START TASK INPUT

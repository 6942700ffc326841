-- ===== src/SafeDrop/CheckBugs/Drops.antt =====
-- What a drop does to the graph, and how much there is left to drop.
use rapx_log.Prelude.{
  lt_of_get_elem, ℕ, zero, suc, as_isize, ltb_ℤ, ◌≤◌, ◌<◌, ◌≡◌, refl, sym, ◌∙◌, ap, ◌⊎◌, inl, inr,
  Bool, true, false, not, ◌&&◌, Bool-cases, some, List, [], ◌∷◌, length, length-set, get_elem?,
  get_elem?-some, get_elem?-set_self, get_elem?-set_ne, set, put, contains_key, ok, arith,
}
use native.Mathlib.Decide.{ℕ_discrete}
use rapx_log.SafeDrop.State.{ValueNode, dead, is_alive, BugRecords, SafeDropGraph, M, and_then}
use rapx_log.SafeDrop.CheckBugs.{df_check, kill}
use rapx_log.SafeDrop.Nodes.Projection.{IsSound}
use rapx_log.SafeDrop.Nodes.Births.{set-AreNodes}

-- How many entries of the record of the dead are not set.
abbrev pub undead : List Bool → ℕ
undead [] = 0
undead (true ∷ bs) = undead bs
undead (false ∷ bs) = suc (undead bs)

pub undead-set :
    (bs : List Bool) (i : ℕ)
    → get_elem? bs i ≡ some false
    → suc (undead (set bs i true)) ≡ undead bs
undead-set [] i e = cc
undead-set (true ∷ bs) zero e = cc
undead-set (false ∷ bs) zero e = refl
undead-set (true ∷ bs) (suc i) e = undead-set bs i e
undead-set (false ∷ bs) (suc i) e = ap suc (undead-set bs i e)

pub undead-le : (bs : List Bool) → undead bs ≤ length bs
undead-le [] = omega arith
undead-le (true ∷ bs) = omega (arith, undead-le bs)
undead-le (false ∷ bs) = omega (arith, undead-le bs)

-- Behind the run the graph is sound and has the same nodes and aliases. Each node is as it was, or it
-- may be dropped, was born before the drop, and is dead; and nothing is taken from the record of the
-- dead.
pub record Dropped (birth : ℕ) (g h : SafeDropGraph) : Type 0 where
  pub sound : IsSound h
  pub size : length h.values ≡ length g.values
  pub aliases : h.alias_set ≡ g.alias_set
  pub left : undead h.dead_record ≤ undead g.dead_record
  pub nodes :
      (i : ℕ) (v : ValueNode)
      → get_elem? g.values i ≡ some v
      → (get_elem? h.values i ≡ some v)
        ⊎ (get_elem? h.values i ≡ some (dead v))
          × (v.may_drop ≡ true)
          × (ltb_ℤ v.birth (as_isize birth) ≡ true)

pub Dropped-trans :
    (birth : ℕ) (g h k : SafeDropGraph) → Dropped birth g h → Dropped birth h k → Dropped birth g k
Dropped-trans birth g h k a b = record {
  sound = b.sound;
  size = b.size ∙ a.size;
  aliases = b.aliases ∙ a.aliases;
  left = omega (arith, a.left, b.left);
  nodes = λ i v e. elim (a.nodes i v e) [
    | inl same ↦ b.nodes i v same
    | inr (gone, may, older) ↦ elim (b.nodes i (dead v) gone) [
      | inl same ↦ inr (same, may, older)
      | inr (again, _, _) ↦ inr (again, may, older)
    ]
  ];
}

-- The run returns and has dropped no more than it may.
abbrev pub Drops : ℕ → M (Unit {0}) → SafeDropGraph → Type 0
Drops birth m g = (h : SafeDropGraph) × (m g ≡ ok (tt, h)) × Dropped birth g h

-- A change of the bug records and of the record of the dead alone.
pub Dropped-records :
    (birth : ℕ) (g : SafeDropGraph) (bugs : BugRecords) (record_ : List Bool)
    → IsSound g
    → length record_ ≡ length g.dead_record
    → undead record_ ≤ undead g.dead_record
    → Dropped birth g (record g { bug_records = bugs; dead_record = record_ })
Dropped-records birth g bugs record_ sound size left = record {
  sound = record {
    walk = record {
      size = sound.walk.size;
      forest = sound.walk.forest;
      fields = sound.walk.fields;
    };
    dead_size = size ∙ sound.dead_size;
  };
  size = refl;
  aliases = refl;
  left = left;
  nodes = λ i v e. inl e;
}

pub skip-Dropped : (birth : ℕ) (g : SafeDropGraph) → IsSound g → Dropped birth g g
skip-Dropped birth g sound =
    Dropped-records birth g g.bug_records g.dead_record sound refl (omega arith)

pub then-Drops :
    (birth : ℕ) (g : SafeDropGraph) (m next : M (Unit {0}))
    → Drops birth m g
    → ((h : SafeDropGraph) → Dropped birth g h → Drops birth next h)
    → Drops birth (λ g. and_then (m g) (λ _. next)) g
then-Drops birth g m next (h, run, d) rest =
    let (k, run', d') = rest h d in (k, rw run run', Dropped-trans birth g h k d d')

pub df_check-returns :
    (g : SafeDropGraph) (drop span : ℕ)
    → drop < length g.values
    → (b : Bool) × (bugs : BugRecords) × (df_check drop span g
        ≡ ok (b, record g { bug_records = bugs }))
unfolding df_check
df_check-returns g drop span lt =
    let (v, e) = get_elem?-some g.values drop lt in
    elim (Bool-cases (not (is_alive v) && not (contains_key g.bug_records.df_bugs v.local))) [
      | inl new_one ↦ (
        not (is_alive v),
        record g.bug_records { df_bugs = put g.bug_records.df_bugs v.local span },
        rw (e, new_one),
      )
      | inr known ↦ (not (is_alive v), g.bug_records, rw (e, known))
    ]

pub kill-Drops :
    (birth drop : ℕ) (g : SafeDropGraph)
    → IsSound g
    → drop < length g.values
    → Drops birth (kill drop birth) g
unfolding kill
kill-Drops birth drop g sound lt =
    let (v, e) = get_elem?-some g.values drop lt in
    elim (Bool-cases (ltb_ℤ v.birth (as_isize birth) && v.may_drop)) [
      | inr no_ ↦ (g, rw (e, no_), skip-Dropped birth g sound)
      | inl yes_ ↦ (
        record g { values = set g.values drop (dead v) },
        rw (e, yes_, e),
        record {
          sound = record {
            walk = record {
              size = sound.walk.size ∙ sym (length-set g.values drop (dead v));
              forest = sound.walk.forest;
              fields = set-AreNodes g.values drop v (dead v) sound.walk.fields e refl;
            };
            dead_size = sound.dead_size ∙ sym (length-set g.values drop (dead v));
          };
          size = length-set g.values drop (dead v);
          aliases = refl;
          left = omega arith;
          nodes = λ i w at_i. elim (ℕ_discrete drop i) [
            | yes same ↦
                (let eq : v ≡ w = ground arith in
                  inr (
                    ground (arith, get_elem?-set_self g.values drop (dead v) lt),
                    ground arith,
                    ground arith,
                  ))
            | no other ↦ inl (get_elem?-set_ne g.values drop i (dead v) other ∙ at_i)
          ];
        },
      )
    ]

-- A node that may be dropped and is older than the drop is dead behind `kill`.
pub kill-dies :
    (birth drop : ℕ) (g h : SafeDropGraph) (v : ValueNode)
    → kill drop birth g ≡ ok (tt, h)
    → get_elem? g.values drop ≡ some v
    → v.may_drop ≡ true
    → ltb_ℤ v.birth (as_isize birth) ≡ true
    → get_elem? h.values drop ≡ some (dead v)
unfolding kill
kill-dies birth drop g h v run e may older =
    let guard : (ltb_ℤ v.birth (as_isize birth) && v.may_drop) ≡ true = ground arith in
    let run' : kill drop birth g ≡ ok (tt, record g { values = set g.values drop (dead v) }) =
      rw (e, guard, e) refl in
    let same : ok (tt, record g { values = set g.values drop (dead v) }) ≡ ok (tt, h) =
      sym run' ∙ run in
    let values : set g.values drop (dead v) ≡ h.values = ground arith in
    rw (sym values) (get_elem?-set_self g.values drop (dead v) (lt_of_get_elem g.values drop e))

END TASK INPUT
START TASK INPUT

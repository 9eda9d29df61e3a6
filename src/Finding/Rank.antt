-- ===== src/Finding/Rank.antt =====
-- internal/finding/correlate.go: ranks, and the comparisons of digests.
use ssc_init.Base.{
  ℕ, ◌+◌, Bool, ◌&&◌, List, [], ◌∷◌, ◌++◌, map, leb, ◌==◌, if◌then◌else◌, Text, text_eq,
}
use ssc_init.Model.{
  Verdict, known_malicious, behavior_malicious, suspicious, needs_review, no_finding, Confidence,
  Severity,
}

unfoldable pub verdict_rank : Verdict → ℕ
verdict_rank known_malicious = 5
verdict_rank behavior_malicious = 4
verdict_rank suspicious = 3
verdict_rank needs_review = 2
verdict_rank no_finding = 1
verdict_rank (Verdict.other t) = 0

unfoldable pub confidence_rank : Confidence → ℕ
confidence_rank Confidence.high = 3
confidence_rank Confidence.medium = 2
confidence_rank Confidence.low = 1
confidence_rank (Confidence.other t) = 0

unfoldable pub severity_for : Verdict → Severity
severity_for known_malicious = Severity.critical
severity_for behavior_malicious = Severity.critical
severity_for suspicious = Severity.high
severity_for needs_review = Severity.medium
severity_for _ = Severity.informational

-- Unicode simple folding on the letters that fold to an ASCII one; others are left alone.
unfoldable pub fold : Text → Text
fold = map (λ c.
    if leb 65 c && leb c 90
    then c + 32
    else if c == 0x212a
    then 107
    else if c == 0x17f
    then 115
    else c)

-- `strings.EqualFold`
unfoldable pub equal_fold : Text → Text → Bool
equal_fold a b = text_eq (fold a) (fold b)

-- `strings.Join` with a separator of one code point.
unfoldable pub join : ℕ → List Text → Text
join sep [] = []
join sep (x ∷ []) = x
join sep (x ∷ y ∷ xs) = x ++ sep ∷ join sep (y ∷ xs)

END TASK INPUT
START TASK INPUT

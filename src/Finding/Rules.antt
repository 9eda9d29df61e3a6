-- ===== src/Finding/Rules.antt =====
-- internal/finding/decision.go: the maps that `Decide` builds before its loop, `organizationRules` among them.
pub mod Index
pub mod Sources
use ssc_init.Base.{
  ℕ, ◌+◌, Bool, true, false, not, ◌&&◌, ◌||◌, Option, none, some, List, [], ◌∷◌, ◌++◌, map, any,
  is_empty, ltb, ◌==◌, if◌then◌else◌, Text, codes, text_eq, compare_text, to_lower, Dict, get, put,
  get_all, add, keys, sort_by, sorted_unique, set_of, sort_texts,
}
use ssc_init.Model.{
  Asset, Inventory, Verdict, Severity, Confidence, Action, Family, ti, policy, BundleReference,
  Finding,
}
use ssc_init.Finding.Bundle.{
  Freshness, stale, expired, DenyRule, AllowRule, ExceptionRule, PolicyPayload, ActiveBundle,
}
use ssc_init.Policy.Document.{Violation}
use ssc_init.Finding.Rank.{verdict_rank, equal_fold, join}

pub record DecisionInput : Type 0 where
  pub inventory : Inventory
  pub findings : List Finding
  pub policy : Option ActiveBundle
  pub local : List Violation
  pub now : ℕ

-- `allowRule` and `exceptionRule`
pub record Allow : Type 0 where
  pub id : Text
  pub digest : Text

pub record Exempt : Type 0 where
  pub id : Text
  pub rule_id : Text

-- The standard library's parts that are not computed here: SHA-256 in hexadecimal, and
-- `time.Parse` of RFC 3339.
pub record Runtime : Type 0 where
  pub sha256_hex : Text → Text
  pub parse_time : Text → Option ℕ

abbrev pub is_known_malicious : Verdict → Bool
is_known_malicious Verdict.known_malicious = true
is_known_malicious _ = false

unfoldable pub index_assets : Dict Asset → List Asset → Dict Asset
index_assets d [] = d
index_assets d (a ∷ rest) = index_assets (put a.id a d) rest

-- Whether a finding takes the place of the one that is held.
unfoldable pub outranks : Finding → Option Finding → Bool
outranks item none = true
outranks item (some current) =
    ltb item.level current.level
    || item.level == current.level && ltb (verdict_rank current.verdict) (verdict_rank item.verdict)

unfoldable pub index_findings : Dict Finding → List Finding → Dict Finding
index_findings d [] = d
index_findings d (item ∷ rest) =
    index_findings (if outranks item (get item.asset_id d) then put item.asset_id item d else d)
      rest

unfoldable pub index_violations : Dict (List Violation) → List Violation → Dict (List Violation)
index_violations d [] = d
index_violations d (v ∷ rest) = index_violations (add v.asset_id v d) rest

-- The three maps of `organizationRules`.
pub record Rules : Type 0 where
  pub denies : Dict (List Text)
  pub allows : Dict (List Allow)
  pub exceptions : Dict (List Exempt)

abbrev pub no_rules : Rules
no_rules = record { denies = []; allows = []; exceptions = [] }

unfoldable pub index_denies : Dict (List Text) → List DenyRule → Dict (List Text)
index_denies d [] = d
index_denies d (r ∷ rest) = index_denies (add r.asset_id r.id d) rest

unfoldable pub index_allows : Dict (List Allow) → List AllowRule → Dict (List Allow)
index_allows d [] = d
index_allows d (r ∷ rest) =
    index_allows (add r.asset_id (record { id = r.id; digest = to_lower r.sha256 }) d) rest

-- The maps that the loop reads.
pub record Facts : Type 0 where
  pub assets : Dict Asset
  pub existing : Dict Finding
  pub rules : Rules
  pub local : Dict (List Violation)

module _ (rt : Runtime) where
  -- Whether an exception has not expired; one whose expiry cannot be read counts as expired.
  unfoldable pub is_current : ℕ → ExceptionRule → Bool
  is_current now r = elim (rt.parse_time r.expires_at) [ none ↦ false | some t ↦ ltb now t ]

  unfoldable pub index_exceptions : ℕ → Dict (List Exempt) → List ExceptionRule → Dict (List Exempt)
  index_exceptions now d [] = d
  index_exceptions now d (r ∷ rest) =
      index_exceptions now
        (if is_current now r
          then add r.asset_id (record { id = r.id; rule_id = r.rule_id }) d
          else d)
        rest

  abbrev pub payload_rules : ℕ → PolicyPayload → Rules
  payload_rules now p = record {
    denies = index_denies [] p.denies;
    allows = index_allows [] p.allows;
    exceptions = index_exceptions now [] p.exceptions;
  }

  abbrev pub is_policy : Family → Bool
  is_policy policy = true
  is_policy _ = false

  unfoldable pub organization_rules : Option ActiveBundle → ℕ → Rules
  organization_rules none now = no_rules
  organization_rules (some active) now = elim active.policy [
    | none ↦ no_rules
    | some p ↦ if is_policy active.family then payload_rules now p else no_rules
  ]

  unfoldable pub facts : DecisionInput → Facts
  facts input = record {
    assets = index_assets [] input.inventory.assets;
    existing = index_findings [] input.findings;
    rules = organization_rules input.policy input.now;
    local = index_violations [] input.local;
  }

END TASK INPUT

*TASK TO CARRY OUT:* Out of the listing above, reproduce exactly the lines from the one with "undead-set (false ∷ bs) (suc" up to and including the one with "aliases = b.aliases ∙ a.aliases;".

*OUTPUT FOR THIS EXERCISE:*
undead-set (false ∷ bs) (suc i) e = ap suc (undead-set bs i e)

pub undead-le : (bs : List Bool) → undead bs ≤ length bs
undead-le [] = omega arith
undead-le (true ∷ bs) = omega (arith, undead-le bs)
undead-le (false ∷ bs) = omega (arith, undead-le bs)

-- Behind the run the graph is sound and has the same nodes and aliases. Each node is as it was, or it
-- may be dropped, was born before the drop, and is dead; and nothing is taken from the record of the
-- dead.
pub record Dropped (birth : ℕ) (g h : SafeDropGraph) : Type 0 where
  pub sound : IsSound h
  pub size : length h.values ≡ length g.values
  pub aliases : h.alias_set ≡ g.alias_set
  pub left : undead h.dead_record ≤ undead g.dead_record
  pub nodes :
      (i : ℕ) (v : ValueNode)
      → get_elem? g.values i ≡ some v
      → (get_elem? h.values i ≡ some v)
        ⊎ (get_elem? h.values i ≡ some (dead v))
          × (v.may_drop ≡ true)
          × (ltb_ℤ v.birth (as_isize birth) ≡ true)

pub Dropped-trans :
    (birth : ℕ) (g h k : SafeDropGraph) → Dropped birth g h → Dropped birth h k → Dropped birth g k
Dropped-trans birth g h k a b = record {
  sound = b.sound;
  size = b.size ∙ a.size;
  aliases = b.aliases ∙ a.aliases;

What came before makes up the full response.